Der österreichische Archäologe Josef Keil und seine Kollegen entdeckten 1929 in den Ruinen des einst prächtigen "Oktogons", einem Prunkbau an der Hauptstraße von Ephesos (Türkei), einen komplett mit Wasser gefüllten Sarkophag. Darin waren keine bedeutenden Grabbeigaben zu finden, aber ein komplettes Skelett. Nur den Schädel nahm Josef Keil mit, bevor die Forscher die Grabstätte an der wichtigen "Kuretenstraße" wieder verschlossen. Nach seiner ersten Analyse in Greifswald ging er davon aus, dass es sich bei der Bestattung um "eine ganz vornehme Persönlichkeit" und vermutlich um eine 20-jährige Frau handelte. Harte Daten blieb Keil schuldig, aber der Schädel trat anlässlich seiner neuen Berufung an die Universität Wien im Reisegepäck den Weg nach Wien an.

Junger Römer in Ephesos begraben

In Ephesos wurde bei späteren Grabungen 1982 der Rest des Skelettes aufgefunden, diesmal aber nicht im Sarkophag, sondern in einer Nische in einem Vorraum der Grabkammer. Aufgrund der vermuteten architektonischen Anleihen des Oktogons bei dem ägyptischen Vorbild des "Pharos von Alexandrien" und der zusätzlichen historischen Fakten, wonach Arsinoë IV um 41 v. Chr. in Ephesos auf die Veranlassung von Marcus Antonius, Geliebter von Kleopatra, ermordet wurde, entstand 1990 eine Hypothese: Arsinoë IV könnte in diesem prunkvollen Grab in Ephesos ihre letzte Ruhestätte gefunden haben. Seither rankten sich zahlreiche Meldungen und Publikationen um dieses Gerücht.

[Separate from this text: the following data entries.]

-- ===== src/ProducerConsumer/Safety.antt =====
-- Labweek15/alg.18-7-syn-pc-producer-6.c and alg.18-8-syn-pc-consumer-6.c: mutual exclusion, and the
-- items that come out.
use native.Mathlib.Nat.{mod-lt}
use native.Mathlib.Decide.{ℕ_discrete}
use operating_system_homewor.Prelude.{
  ℕ, zero, suc, ◌+◌, ◌%◌, ◌≤◌, ◌<◌, ◌≡◌, refl, sym, ap, ◌∙◌, List, [], ◌∷◌, length, length-append,
  arith, total_two,
}
use operating_system_homewor.ProducerConsumer.{DataPcSt, Pc, System}
use operating_system_homewor.ProducerConsumer.Setup.{Sizes, IsValid, Reach}
use operating_system_homewor.ProducerConsumer.Balance.{critical}
use operating_system_homewor.ProducerConsumer.Content.{sure_item, printed, numbers, item_nos}
use operating_system_homewor.ProducerConsumer.Invariant.{threads, Reach-Inv}

-- In no reachable state are two threads between the operations on `sem_mutex`.
pub mutual_exclusion :
    {z : Sizes} {memory : ℕ → DataPcSt} {s : System}
    → IsValid z
    → Reach z memory s
    → (i j : ℕ) → i < threads z
    → j < threads z
    → critical (s.pc i) ≡ 1
    → critical (s.pc j) ≡ 1
    → i ≡ j
mutual_exclusion {z} {s = s} valid r i j lt_i lt_j in_i in_j = elim (ℕ_discrete j i) [
  | yes e ↦ sym e
  | no ne ↦ absurd (
      omega (
        arith,
        total_two critical (threads z) i j s.pc lt_i lt_j ne,
        (Reach-Inv valid r).lock,
        in_i,
        in_j,
      ))
]

length-numbers : (n : ℕ) → length (numbers n) ≡ n
length-numbers zero = refl
length-numbers (suc n) = omega (arith, length-append (numbers n) (suc n ∷ []), length-numbers n)

length-item_nos : (xs : List DataPcSt) → length (item_nos xs) ≡ length xs
length-item_nos [] = refl
length-item_nos (x ∷ xs) = ap suc (length-item_nos xs)

printed-sure : (p : Pc) → printed p ≤ sure_item p
printed-sure p = ground arith

place_below : (a n b : ℕ) → 0 < b → a ≡ n % b → a < b
place_below a n b some e = omega (arith, e, mod-lt n some)

-- What the consumers have printed is, in every reachable state, the items 1, 2, 3, ... in this order,
-- none lost or taken twice; the ring is never overfilled, and no more items are made than asked for.
-- Both ends of the ring stay within its units.
pub taken_in_order :
    {z : Sizes} {memory : ℕ → DataPcSt} {s : System}
    → IsValid z
    → Reach z memory s
    → (item_nos s.shared.taken ≡ numbers (length s.shared.taken))
      × (s.shared.ctln.consume_num ≤ length s.shared.taken)
      × (length s.shared.taken ≤ s.shared.ctln.item_num)
      × (s.shared.ctln.item_num ≤ s.shared.ctln.consume_num + z.buffer_size)
      × (s.shared.ctln.item_num ≤ z.max_item_num)
      × (s.shared.ctln.enqueue < z.buffer_size)
      × (s.shared.ctln.dequeue < z.buffer_size)
taken_in_order {z} {s = s} valid r =
    let inv = Reach-Inv valid r in
    let told = inv.content.told in
    let many : length s.shared.taken ≡ s.shared.ctln.consume_num + printed inv.owner =
      sym (length-item_nos s.shared.taken) ∙ ap length told ∙ length-numbers _ in
    let filled : 0 < s.shared.ctln.buffer_size = omega (arith, valid.room, inv.sized.0) in
    (
      told ∙ ap numbers (sym many),
      omega (arith, many),
      omega (arith, many, inv.content.counted.1, printed-sure inv.owner),
      omega (arith, inv.slots),
      omega (arith, inv.content.counted.0, inv.sized.1),
      rw (sym inv.sized.0) (place_below _ _ _ filled inv.content.placed.0),
      rw (sym inv.sized.0) (place_below _ _ _ filled inv.content.placed.1),
    )
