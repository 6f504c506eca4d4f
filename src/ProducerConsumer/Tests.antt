-- ===== src/ProducerConsumer/Tests.antt =====
-- Labweek15/alg.18-6-syn-pc-con-6.c with its producers and consumers, run in a given order.
use native.Mathlib.Decide.{dec_lt, ℕ_discrete}
use operating_system_homewor.Prelude.{
  ◌⊎◌, ◌≤◌, ◌<◌, ℕ, ◌+◌, ◌≡◌, refl, inl, inr, List, [], ◌∷◌, ◌++◌, replicate, length, arith,
}
use operating_system_homewor.Prelude.Int.{pos}
use operating_system_homewor.ProducerConsumer.{
  p_wait_slot, p_exit, c_exit, Step, DataPcSt, System, produce, consume,
}
use operating_system_homewor.ProducerConsumer.Setup.{
  for_buffer, sizes, Sizes, IsValid, read_sizes, Reach, starts, steps, read_sizes-IsValid,
}
use operating_system_homewor.ProducerConsumer.Balance.{critical}
use operating_system_homewor.ProducerConsumer.Content.{numbers, item_nos}
use operating_system_homewor.ProducerConsumer.Safety.{mutual_exclusion, taken_in_order}
use operating_system_homewor.ProducerConsumer.Progress.{Finished, Abandoned, progress}
use operating_system_homewor.ProducerConsumer.Roles.{producing}
use operating_system_homewor.ProducerConsumer.Next.{next_produce, next_consume, taken_from}
use operating_system_homewor.ProducerConsumer.Progress.{}

abbrev unset : ℕ → DataPcSt
unset _ = record { item_no = 0; pro_tid = 0 }

record Run (z : Sizes) : Type 0 where
  last : System
  reach : Reach z unset last

-- One step of thread `i`, if it can go on.
turn : {z : Sizes} → Run z → ℕ → Run z
unfolding next_produce next_consume taken_from dec_lt ℕ_discrete
turn r i = elim (dec_lt i r.last.shared.ctln.thread_pro) [
  | yes lt ↦ elim (ℕ_discrete (producing (r.last.pc i)) 1) [
    | no _ ↦ r
    | yes is_one ↦ elim (next_produce i r.last.shared (r.last.pc i) is_one) [
      | inl _ ↦ r
      | inr (m, q, move) ↦ record { last = _; reach = steps r.reach (produce i lt move) }
    ]
  ]
  | no ge ↦ elim (dec_lt i (r.last.shared.ctln.thread_pro + r.last.shared.ctln.thread_cons)) [
    | no _ ↦ r
    | yes lt ↦ elim (ℕ_discrete (producing (r.last.pc i)) 0) [
      | no _ ↦ r
      | yes is_one ↦ elim (next_consume i r.last.shared (r.last.pc i) is_one) [
        | inl _ ↦ r
        | inr (m, q, move) ↦ record {
          last = _;
          reach = steps r.reach (consume i (omega (arith, ge)) lt move);
        }
      ]
    ]
  ]
]

turns : {z : Sizes} → List ℕ → Run z → Run z
turns [] r = r
turns (i ∷ is) r = turns is (turn r i)

from_start : (z : Sizes) → Run z
from_start z = record { last = _; reach = starts }

abbrev two_units : Sizes
two_units = record { buffer_size = 2; max_item_num = 3; thread_pro = 2; thread_cons = 2 }

two_units-IsValid : IsValid two_units
unfolding read_sizes
two_units-IsValid = read_sizes-IsValid (pos 200 ∷ pos 2 ∷ pos 3 ∷ pos 2 ∷ pos 2 ∷ []) two_units refl

-- A producer makes two items, a consumer takes one, and is about to count it.
abbrev busy : Run two_units
busy = turns (replicate 22 0 ++ replicate 6 2) (from_start two_units)

test_busy :
    (length busy.last.shared.taken ≡ 1)
    × (busy.last.shared.ctln.item_num ≡ 2)
    × (critical (busy.last.pc 2) ≡ 1)
unfolding turn turns from_start
test_busy = (refl, refl, refl)

read_sizes-IsValid_example : IsValid two_units
unfolding read_sizes
read_sizes-IsValid_example =
    read_sizes-IsValid (pos 200 ∷ pos 2 ∷ pos 3 ∷ pos 2 ∷ pos 2 ∷ []) two_units refl

mutual_exclusion_example : ◌≡◌ {A = ℕ} 2 2
unfolding turn turns from_start
mutual_exclusion_example =
    mutual_exclusion {s = busy.last} two_units-IsValid busy.reach 2 2 (omega arith) (omega arith)
      refl refl

taken_in_order_example :
    (item_nos busy.last.shared.taken ≡ numbers (length busy.last.shared.taken))
    × (busy.last.shared.ctln.consume_num ≤ length busy.last.shared.taken)
    × (length busy.last.shared.taken ≤ busy.last.shared.ctln.item_num)
    × (busy.last.shared.ctln.item_num ≤ busy.last.shared.ctln.consume_num + 2)
    × (busy.last.shared.ctln.item_num ≤ 3)
    × (busy.last.shared.ctln.enqueue < 2)
    × (busy.last.shared.ctln.dequeue < 2)
taken_in_order_example = taken_in_order two_units-IsValid busy.reach

progress_example :
    ((t : System) × Step busy.last t) ⊎ Finished two_units busy.last ⊎ Abandoned two_units busy.last
progress_example = progress two_units-IsValid busy.reach

-- The prompt says 1-500, and any positive number of producers is taken.
many_producers :
    (z : Sizes) × (read_sizes for_buffer (pos 1 ∷ pos 1 ∷ pos 501 ∷ pos 1 ∷ []) ≡ sizes z)
    × (z.thread_pro ≡ 501)
unfolding read_sizes
many_producers = (_, refl, refl)

abbrev one_unit : Sizes
one_unit = record { buffer_size = 1; max_item_num = 1; thread_pro = 2; thread_cons = 1 }

-- The consumer sees that no item is there; a producer makes the only item and sets `end_flag`; the
-- consumer sees the flag and ends. The item stays, and the other producer waits for its unit.
abbrev left_behind : Run one_unit
left_behind = turns (1 ∷ 2 ∷ replicate 13 0 ++ 2 ∷ []) (from_start one_unit)

test_left_behind :
    (left_behind.last.pc 0 ≡ p_exit)
    × (left_behind.last.pc 1 ≡ p_wait_slot)
    × (left_behind.last.pc 2 ≡ c_exit)
    × (left_behind.last.shared.ctln.emptyslot ≡ 0)
    × (left_behind.last.shared.ctln.item_num ≡ 1)
    × (left_behind.last.shared.ctln.consume_num ≡ 0)
unfolding turn turns from_start
test_left_behind = (refl, refl, refl, refl, refl, refl)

An der Uni Wien wurde der Schädel nun im ersten Schritt einer Micro-Computer-Tomographie unterzogen, um seine digitale Kopie mit einer Auflösung von 80 Mikrometer für alle Zeiten zu archivieren. Dann entnahmen die Wissenschafter geringe Proben im Milligramm-Bereich von der Schädelbasis und dem Innenohr, um Alter und genetischen Status zu bestimmen. Der Schädel datiert demnach in die Jahre zwischen 36 und 205 v. Chr., was gut mit dem überlieferten Sterbedatum von Arsinoë IV im Jahre 41 v. Chr. übereinstimmt. Die Genetiker fanden dazu eine Übereinstimmung des Schädels mit vorhandenen Proben vom Oberschenkelknochen. 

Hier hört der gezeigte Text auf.